This study found that PeV-A3 failed to activate STAT-1, STAT-2, and IRF3 signaling in cells cultured in the FBS growth medium; in contrast, these transcription factors were activated in PeV-A3-infected GBM cells with an hPL-containing medium (Figure 4). Higher levels of PeV-A3-induced inflammatory cytokines were detected in hPL-cultured cells but not in FBS-cultured cells (Figure 5). These results echoed in part that PeV-A3 triggered inflammatory responses in airway epithelial cells [48]. Platelet lysate contains abundant growth factors, chemokines, and bioactive mediators, and it is reasonable to speculate that these mediators may contribute to the inflammatory cytokine expression in hPL-cultured GBM. However, determination of the cytokine expression of IL-1β, IL-2, IL-6, IL-10, IL-12p70, 1L-17A, TNF-α, and IFN-γ in prepared platelet lysate revealed that cytokines were present only in extremely low concentrations [49]. We suggest that this low level of inflammation cytokines in hPL may contribute to viral infection-triggered cellular responses.
Whether using different culture systems to investigate virus and host interaction may yield completely different results merits exploration. Therefore, a proper animal infection model should be considered for investigating the regulatory effect of hPL in viral infection and antiviral innate immunity.
We demonstrated that fludarabine effectively increased viral replication during PeV-A3 infection. STAT1 inhibitor, Fludarabine, -treated FBS- and hPL-cultured GBM cells showed reduced levels of phospho-STAT1 and elevated levels of STAT1 protein under PeV-A3 infection; similar results were detected in STAT1 knockdown cells (Figure 6). Taken together, these results confirmed that hPL inhibits viral infection by activation of the cellular antiviral STAT1 pathway. Another study showed that fludarabine inhibits enterovirus type 71 (EV-71), SFTS Phlebovirus, and ZIKA virus infection in human astrocytes and human microglia cells [50]; however, the antiviral mechanism was not investigated. Whether fludarabine protects or destroys infected neuronal cells should be further investigated and verified in animal models.
In conclusion, the present study suggested that the commercial hPL activated the type I IFN response against viral infection in vitro. Thus, hPL may be a potential antiviral bioreagent that merits further evaluation. The antiviral response when using commercial hPL as an FBS substitute for cell culture-based viral infection merits in-depth evaluation.

Supplementary Materials

The following supporting information can be downloaded at: https://www.mdpi.com/article/10.3390/v14071499/s1. Figure S1: Cell proliferation assay in HeLa and Vero cells cultured with FBS and hPL mediums. Figure S2: Cytotoxicity assay of fludarabine. Figure S3: Enhanced DENV-2 5’UTR gene expression under blockade of STAT1 on DENV-2 infection of GBM cells. Table S1: Quality control of human platelet lysate. Table S2. q-PCR primers used in this study.

Author Contributions

Conceptualization, T.-H.C.; methodology, M.-W.J., J.-J.C., T.-H.C. and K.-J.T.; validation, J.-J.C., T.-H.C. and K.-J.T.; investigation, M.-W.J., C.-Y.C. and T.-H.C.; data curation, C.-Y.C., M.-W.J., T.-H.C. and K.-J.T.; writing—original draft preparation, M.-W.J. and T.-H.C.; writing—review and editing, T.-H.C. and K.-J.T.; supervision, T.-H.C. and K.-J.T.; funding acquisition, T.-H.C. All authors have read and agreed to the published version of the manuscript.

Funding

This research was funded in part by grants from the Ministry of Science and Technology of Taiwan, grant number MOST 110-2320-B-016-012; and the Ministry of National Defense of Taiwan, grant number MND-MAB-110-012.
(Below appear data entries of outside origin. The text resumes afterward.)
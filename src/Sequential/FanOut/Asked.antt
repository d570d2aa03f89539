-- ===== src/Sequential/FanOut/Asked.antt =====
-- The executor from the start of the orchestrator to the last event that acknowledges a request.
use durabletask_rs.Prelude.{
  ℕ, zero, suc, ◌+◌, ◌<◌, ◌≡◌, refl, ap, String, Option, none, some, List, [], ◌++◌, map, All,
  arith, subst, ◌-◌,
}
use durabletask_rs.Prelude.Int.{ℤ, pos, int_eq, i32_max}
use durabletask_rs.Prelude.HashMap.{HashMap, remove}
use durabletask_rs.Prelude.Outcome.{returns}
use durabletask_rs.Proto.{Timestamp, HistoryEvent, OrchestratorAction}
use durabletask_rs.Internal.Events.{new_execution_started_event}
use durabletask_rs.Types.Context.{Host, new_context}
use durabletask_rs.Types.Async.{suspended, poll_async}
use durabletask_rs.Executor.Event.{started}
use durabletask_rs.Types.Function.{OrchestratorFunction}
use durabletask_rs.Registry.{Registry, get_orchestrator}
use durabletask_rs.Executor.Context.{
  OrchestrationExecutorContext, new_executor_context, drain, drain_events, acknowledge,
}
use durabletask_rs.Executor.Execute.{round, process_events}
use durabletask_rs.Sequential.{
  Request, activity, sub_orchestrator, timer, Script, code_of, asked_event,
}
use durabletask_rs.Sequential.Poll.{task_on}
use durabletask_rs.Sequential.Round.{context}
use durabletask_rs.Sequential.Replay.{zero_time}
use durabletask_rs.Sequential.FanOut.{start_all, await_all, indices}
use durabletask_rs.Sequential.FanOut.Wait.{poll_undone}
use durabletask_rs.Sequential.FanOut.Start.{
  get_or-fresh_channels, receivers, fresh_channels, octx_at, world_at, poll-start_all,
}
use durabletask_rs.Sequential.FanOut.Drain.{
  tasks_map, actions_map, drain_actions_lem, drain_tasks_lem, IsFrom, remove-IsFrom, none_left,
}

module _ {Chan Act : Type 0} (host : Host Chan) (registry : Registry Act) (id : String)
    (input : Option String) (now : Timestamp) (requests : ℕ → Request) (n : ℕ) where
  -- The executor's context while the code waits for all of its requests.
  abbrev pub listening :
      (List String → Script) → HashMap ℤ OrchestratorAction → OrchestrationExecutorContext Chan
  listening k actions =
      context host id input zero_time n
        (some (await_all (map task_on (indices n 0)) (λ rs. code_of (k rs))))
        (receivers host id input requests n) actions (tasks_map n)
        (fresh_channels host id input requests n)

  acknowledged_one :
      (q : Request) (i : ℕ) (k : List String → Script) (actions : HashMap ℤ OrchestratorAction)
      → round host registry id (asked_event host.clock now q (pos (suc i))) (listening k actions)
        ≡ returns (listening k (remove (pos (suc i)) actions))
  unfolding round acknowledge asked_event drain
  acknowledged_one (activity name text) i k actions = refl
  acknowledged_one (sub_orchestrator name instance_id text) i k actions = refl
  acknowledged_one (timer millis) i k actions = refl

  abbrev pub asked_events : ℕ → ℕ → List HistoryEvent
  asked_events left j =
      map (λ (i : ℕ). asked_event host.clock now (requests i) (pos (suc i))) (indices left j)

  pub rounds_acknowledged :
      (left j : ℕ) (k : List String → Script) (actions : HashMap ℤ OrchestratorAction)
      (rest : List HistoryEvent)
      → left + j ≡ n
      → All (IsFrom n j) actions
      → process_events host registry id (asked_events left j ++ rest) (listening k actions)
        ≡ process_events host registry id rest (listening k [])
  unfolding process_events
  rounds_acknowledged zero j k actions rest sum h =
      ap
        (λ (m : HashMap ℤ OrchestratorAction). process_events host registry id rest (listening k m))
        (none_left n actions (let same : j ≡ n = omega arith in rw same at h))
  rounds_acknowledged (suc left) j k actions rest sum h =
      rw (acknowledged_one (requests j) j k actions) (
        rounds_acknowledged left (suc j) k (remove (pos (suc j)) actions) rest (omega arith)
          (remove-IsFrom n j actions h))

  -- Nothing was sent to the tasks when the code first waits for them.
  waits_first :
      (m : ℕ) (k : List String → Script)
      → suc m ≡ n
      → poll_async host
          (await_all (map task_on (indices n 0)) (λ rs. code_of (k rs)))
          (world_at host id input requests n)
        ≡ returns (
          suspended (await_all (map task_on (indices n 0)) (λ rs. code_of (k rs))),
          world_at host id input requests n,
        )
  waits_first m k positive =
      subst
        (λ (l : ℕ).
          poll_async host (await_all (map task_on (indices l 0)) (λ rs. code_of (k rs)))
            (world_at host id input requests l)
          ≡ returns (
            suspended (await_all (map task_on (indices l 0)) (λ rs. code_of (k rs))),
            world_at host id input requests l,
          ))
        positive
        (poll_undone host (octx_at host id input requests (suc m)) [] (suc m) (λ i. "") (k []) m 0 k
          (receivers host id input requests (suc m)) (fresh_channels host id input requests (suc m))
          (get_or-fresh_channels host id input requests (suc m) 0))

  -- The executor's context when the code has just been polled.
  abbrev polled_first : (List String → Script) → OrchestrationExecutorContext Chan
  polled_first k = started host new_executor_context (
    suspended (await_all (map task_on (indices n 0)) (λ rs. code_of (k rs))),
    world_at host id input requests n,
  )

  drained_first :
      (k : List String → Script)
      → drain host (polled_first k) ≡ listening k (actions_map host id input requests n)
  unfolding drain drain_events new_executor_context
  drained_first k = rw (
    drain_actions_lem host id input requests n (polled_first k) refl refl,
    drain_tasks_lem host id input requests n
        (record (polled_first k) {
          pending_actions = actions_map host id input requests n;
          sequence_number = pos n;
        })
        refl,
  )

  pub started_all :
      (uuid name : String) (f : OrchestratorFunction) (k : List String → Script)
      → get_orchestrator registry name ≡ some f
      → f (new_context id input)
        ≡ start_all (map requests (indices n 0)) (λ tasks. await_all tasks (λ rs. code_of (k rs)))
      → 0 < n
      → n < i32_max
      → round host registry id
          (new_execution_started_event now uuid name id input none none none)
          new_executor_context
        ≡ returns (listening k (actions_map host id input requests n))
  unfolding round new_execution_started_event new_context new_executor_context
  started_all uuid name f k found code some_request few =
      rw
        (
          found,
          code,
          poll-start_all host id input requests n n 0
              (λ tasks. await_all tasks (λ rs. code_of (k rs))) (omega arith) few,
          waits_first (n - 1) k (omega arith),
        )
        (ap returns (drained_first k))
Institutional Review Board Statement

Not applicable.

Informed Consent Statement

Not applicable.

Data Availability Statement

The data presented in this study are contained within the article.

Acknowledgments

We thank the Ministry of Science and Technology of Taiwan and the Ministry of National Defense of Taiwan for the funding (grant number MOST 110-2320-B-016-012, MND-MAB-110-012). The funder had no role in the study design, data collection and analysis, preparation of the manuscript, or decision to publish.

Conflicts of Interest

The authors declare no conflict of interest.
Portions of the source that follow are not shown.